[Start of section]

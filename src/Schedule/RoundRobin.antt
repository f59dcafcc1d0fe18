-- ===== src/Schedule/RoundRobin.antt =====
-- src/system/kernel/schedule/schedule.c: `procSelect` goes round the process table.
use gunw_os.Prelude.Int.{ℤ, pos, negsuc}
use gunw_os.Prelude.{
  ℕ, ◌+◌, ◌-◌, ◌%◌, ◌<◌, ◌≡◌, refl, ap, subst, ◌⊎◌, inl, inr, Bool, true, false, Array, first,
  first-le, first_hit, first_miss, ltb, ltb→lt, if◌then◌else◌, Bool-cases, arith,
}
use gunw_os.Runloop.{max_proc}
use gunw_os.Kernel.{ProcessUser, kernel_proc_id}
use gunw_os.Schedule.{proc_select, candidate, is_ready}

-- A user process of the table, or none (-1).
abbrev pub IsLast : ℤ → Type 0
IsLast (pos n) = n < max_proc
IsLast (negsuc n) = n ≡ 0

-- The round in which the loop comes to process n.
abbrev pub round_of : ℤ → ℕ → ℕ
round_of (pos m) n = (n + 4 - m) % 5
round_of (negsuc m) n = n

pub candidate-round_of :
    (last : ℤ) (n : ℕ)
    → IsLast last
    → n < max_proc
    → (round_of last n < max_proc) × (candidate last (round_of last n) ≡ n)
candidate-round_of (pos m) n l h = (omega arith, omega arith)
candidate-round_of (negsuc m) n l h = (omega arith, omega arith)

-- The process that the scan chose, i rounds after the last one, all in between not being ready.
pub record Chosen (tab : Array ProcessUser) (last : ℤ) (n : ℕ) : Type 0 where
  pub in_table : n < max_proc
  pub ready : is_ready (tab n).state ≡ true
  pub after : ℕ
  pub after_bound : after < max_proc
  pub distance : candidate last after ≡ n
  pub skipped : (i : ℕ) → i < after → is_ready (tab (candidate last i)).state ≡ false

-- procSelect picks the first ready process in cyclic order after the last one, which is of the
-- table or none, or answers that there is none, and then no process of the table is ready.
pub proc_select_lem :
    (tab : Array ProcessUser) (last : ℤ)
    → IsLast last
    → ((n : ℕ) × (proc_select tab last ≡ pos n) × Chosen tab last n)
      ⊎ ((proc_select tab last ≡ kernel_proc_id)
          × ((n : ℕ) → n < max_proc → is_ready (tab n).state ≡ false))
unfolding proc_select
proc_select_lem tab last l =
    let test : ℕ → Bool = λ i. is_ready (tab (candidate last i)).state in
    let i = first test 0 max_proc in
    elim (Bool-cases (ltb i max_proc)) [
      | inl found ↦
          let h = ltb→lt i max_proc found in
          inl (
            candidate last i,
            ap (λ b. if b then pos (candidate last i) else kernel_proc_id) found,
            record {
              in_table = omega arith;
              ready = first_hit test 0 max_proc h;
              after = i;
              after_bound = h;
              distance = refl;
              skipped = λ j lt. first_miss test 0 max_proc j (omega arith) lt;
            },
          )
      | inr none_found ↦ inr (
        ap (λ b. if b then pos (candidate last i) else kernel_proc_id) none_found,
        λ n h.
            let (lt, e) = candidate-round_of last n l h in
            subst (λ m. is_ready (tab m).state ≡ false) e
              (first_miss test 0 max_proc (round_of last n) (omega arith)
                (ground (arith, first-le test 0 max_proc))),
      )
    ]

[End of section]

*TASK STATEMENT*.
Give back every line of the listing where the word "Bool" shows up.

*COMPLETED EXERCISE*.
  ℕ, ◌+◌, ◌-◌, ◌%◌, ◌<◌, ◌≡◌, refl, ap, subst, ◌⊎◌, inl, inr, Bool, true, false, Array, first,
  first-le, first_hit, first_miss, ltb, ltb→lt, if◌then◌else◌, Bool-cases, arith,
    let test : ℕ → Bool = λ i. is_ready (tab (candidate last i)).state in
    elim (Bool-cases (ltb i max_proc)) [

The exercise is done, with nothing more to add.